**Your assignment:** Please output exactly the part of the records below that opens with the line containing "let has_part = query_flag" and closes with the line containing "else route method query)", both lines included, and nothing else.

Data to examine section start

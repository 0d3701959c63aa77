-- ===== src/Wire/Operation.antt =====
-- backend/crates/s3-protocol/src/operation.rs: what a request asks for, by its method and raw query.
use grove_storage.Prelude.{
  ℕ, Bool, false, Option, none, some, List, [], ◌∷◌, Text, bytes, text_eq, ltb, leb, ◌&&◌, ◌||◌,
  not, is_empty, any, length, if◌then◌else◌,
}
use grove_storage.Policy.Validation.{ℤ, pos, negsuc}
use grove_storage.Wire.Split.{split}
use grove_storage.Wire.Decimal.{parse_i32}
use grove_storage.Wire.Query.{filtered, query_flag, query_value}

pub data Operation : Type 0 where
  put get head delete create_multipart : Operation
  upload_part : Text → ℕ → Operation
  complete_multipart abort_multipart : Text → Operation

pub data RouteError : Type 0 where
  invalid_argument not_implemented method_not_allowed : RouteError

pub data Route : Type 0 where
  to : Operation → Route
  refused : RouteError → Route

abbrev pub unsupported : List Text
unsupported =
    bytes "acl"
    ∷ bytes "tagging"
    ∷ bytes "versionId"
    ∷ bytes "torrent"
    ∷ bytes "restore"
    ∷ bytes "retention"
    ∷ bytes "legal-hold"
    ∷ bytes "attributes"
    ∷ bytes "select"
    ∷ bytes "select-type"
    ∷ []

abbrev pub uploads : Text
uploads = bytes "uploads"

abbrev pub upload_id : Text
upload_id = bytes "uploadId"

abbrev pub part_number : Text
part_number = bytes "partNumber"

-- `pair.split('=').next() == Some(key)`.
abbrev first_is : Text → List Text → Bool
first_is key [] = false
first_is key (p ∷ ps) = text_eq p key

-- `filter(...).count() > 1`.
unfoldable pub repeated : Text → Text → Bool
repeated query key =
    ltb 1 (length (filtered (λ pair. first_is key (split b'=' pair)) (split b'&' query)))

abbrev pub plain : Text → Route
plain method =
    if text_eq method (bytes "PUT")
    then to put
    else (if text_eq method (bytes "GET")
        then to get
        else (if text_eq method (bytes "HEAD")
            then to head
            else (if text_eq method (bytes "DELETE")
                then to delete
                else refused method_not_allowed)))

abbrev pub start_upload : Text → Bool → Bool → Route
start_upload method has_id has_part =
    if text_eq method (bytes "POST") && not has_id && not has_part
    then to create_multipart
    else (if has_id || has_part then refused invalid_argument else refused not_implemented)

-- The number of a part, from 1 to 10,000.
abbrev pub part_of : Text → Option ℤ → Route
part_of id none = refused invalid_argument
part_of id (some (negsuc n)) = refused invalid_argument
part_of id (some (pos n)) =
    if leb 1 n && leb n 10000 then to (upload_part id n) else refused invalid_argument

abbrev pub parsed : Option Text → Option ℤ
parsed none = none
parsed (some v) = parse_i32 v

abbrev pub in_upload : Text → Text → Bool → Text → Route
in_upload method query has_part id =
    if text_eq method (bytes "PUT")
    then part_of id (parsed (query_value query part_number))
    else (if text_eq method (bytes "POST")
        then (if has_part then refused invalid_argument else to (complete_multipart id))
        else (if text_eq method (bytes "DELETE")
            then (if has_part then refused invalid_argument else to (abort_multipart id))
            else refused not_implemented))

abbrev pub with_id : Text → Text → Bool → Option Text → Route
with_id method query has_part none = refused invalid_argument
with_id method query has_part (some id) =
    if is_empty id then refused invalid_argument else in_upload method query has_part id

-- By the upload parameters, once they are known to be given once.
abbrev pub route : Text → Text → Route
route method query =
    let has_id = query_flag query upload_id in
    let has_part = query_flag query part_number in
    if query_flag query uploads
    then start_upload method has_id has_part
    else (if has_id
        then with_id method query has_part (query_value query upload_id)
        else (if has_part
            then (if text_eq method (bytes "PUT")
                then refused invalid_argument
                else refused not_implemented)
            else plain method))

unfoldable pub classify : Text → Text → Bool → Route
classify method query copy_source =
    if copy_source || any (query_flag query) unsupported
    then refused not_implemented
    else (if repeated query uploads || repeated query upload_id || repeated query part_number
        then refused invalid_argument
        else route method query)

Data to examine section end
Data to examine section start

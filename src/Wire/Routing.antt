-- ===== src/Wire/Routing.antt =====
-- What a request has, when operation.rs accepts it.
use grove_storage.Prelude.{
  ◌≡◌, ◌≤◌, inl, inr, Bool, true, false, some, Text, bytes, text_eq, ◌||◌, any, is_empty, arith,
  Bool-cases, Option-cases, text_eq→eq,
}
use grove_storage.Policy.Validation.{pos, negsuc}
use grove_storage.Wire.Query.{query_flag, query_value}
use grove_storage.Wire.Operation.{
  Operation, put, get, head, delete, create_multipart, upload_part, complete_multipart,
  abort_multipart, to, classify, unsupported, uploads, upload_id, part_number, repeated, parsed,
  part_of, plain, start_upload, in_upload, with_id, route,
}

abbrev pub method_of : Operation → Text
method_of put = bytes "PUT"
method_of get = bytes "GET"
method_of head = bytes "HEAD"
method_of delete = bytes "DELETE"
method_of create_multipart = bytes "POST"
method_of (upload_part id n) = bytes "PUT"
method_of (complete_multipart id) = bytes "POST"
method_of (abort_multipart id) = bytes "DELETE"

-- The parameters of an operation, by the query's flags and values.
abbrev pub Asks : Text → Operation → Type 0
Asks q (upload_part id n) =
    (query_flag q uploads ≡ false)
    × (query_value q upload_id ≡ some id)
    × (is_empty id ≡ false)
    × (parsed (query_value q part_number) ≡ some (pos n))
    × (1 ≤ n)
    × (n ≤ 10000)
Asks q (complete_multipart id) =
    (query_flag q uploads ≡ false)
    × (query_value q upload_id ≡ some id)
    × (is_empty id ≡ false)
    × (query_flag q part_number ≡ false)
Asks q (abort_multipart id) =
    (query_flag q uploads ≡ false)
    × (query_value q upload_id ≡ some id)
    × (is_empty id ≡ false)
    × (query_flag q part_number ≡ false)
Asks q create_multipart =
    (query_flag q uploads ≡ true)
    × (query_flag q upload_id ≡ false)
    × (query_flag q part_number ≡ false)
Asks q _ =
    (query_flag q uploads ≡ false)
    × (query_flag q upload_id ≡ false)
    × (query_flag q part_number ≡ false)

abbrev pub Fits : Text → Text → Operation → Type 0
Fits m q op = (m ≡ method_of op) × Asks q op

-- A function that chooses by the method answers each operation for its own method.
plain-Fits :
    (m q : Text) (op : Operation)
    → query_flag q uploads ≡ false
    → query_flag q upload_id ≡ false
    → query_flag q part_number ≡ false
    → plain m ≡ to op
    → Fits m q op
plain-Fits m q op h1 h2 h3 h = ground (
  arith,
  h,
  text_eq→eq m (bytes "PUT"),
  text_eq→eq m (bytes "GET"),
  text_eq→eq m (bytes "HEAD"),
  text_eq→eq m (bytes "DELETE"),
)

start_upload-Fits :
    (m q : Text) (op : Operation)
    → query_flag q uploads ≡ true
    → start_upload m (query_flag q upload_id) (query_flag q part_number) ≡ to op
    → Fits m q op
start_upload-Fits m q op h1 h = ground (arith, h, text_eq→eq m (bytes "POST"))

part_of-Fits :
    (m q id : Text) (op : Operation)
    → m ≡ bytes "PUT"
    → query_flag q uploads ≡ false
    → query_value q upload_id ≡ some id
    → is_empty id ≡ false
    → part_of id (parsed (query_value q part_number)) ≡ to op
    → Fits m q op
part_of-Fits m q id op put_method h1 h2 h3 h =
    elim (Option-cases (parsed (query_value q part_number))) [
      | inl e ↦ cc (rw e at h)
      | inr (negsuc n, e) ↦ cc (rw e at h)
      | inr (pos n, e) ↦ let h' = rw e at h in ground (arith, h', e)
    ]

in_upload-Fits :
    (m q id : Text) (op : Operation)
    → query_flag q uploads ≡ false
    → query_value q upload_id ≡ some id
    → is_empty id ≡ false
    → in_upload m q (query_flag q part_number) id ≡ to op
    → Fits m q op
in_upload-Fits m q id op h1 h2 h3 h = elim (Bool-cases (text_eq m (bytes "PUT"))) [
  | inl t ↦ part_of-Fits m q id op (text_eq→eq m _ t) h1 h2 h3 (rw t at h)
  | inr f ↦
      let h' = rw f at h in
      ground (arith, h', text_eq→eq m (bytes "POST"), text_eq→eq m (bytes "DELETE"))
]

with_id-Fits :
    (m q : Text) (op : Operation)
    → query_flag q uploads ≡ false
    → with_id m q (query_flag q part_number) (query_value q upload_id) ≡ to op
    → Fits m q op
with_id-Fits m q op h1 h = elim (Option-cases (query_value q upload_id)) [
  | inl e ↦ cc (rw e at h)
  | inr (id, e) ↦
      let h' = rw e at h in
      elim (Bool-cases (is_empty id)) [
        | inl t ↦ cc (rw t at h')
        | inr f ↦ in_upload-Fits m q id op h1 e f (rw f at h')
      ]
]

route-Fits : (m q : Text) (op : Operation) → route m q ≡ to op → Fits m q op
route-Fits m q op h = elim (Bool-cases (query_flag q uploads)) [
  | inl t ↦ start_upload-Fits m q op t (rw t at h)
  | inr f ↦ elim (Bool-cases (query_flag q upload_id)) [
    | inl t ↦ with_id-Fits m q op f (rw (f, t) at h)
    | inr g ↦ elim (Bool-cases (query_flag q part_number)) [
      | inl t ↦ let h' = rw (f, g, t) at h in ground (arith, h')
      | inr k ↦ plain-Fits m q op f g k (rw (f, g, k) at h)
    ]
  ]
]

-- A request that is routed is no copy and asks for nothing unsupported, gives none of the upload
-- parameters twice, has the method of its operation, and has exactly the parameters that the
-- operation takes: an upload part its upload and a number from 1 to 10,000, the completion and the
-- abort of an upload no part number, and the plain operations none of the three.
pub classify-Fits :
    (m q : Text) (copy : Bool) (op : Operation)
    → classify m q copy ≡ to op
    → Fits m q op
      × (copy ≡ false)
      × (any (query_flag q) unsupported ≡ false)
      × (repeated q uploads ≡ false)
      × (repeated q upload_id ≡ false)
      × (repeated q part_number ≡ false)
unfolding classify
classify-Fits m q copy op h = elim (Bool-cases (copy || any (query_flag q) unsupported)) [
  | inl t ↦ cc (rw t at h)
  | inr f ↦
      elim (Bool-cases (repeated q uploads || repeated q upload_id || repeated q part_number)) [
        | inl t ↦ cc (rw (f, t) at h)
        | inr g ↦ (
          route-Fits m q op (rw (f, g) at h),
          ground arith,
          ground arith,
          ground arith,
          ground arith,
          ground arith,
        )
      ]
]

Data to examine section end

**Response box:**
    let has_part = query_flag query part_number in
    if query_flag query uploads
    then start_upload method has_id has_part
    else (if has_id
        then with_id method query has_part (query_value query upload_id)
        else (if has_part
            then (if text_eq method (bytes "PUT")
                then refused invalid_argument
                else refused not_implemented)
            else plain method))

unfoldable pub classify : Text → Text → Bool → Route
classify method query copy_source =
    if copy_source || any (query_flag query) unsupported
    then refused not_implemented
    else (if repeated query uploads || repeated query upload_id || repeated query part_number
        then refused invalid_argument
        else route method query)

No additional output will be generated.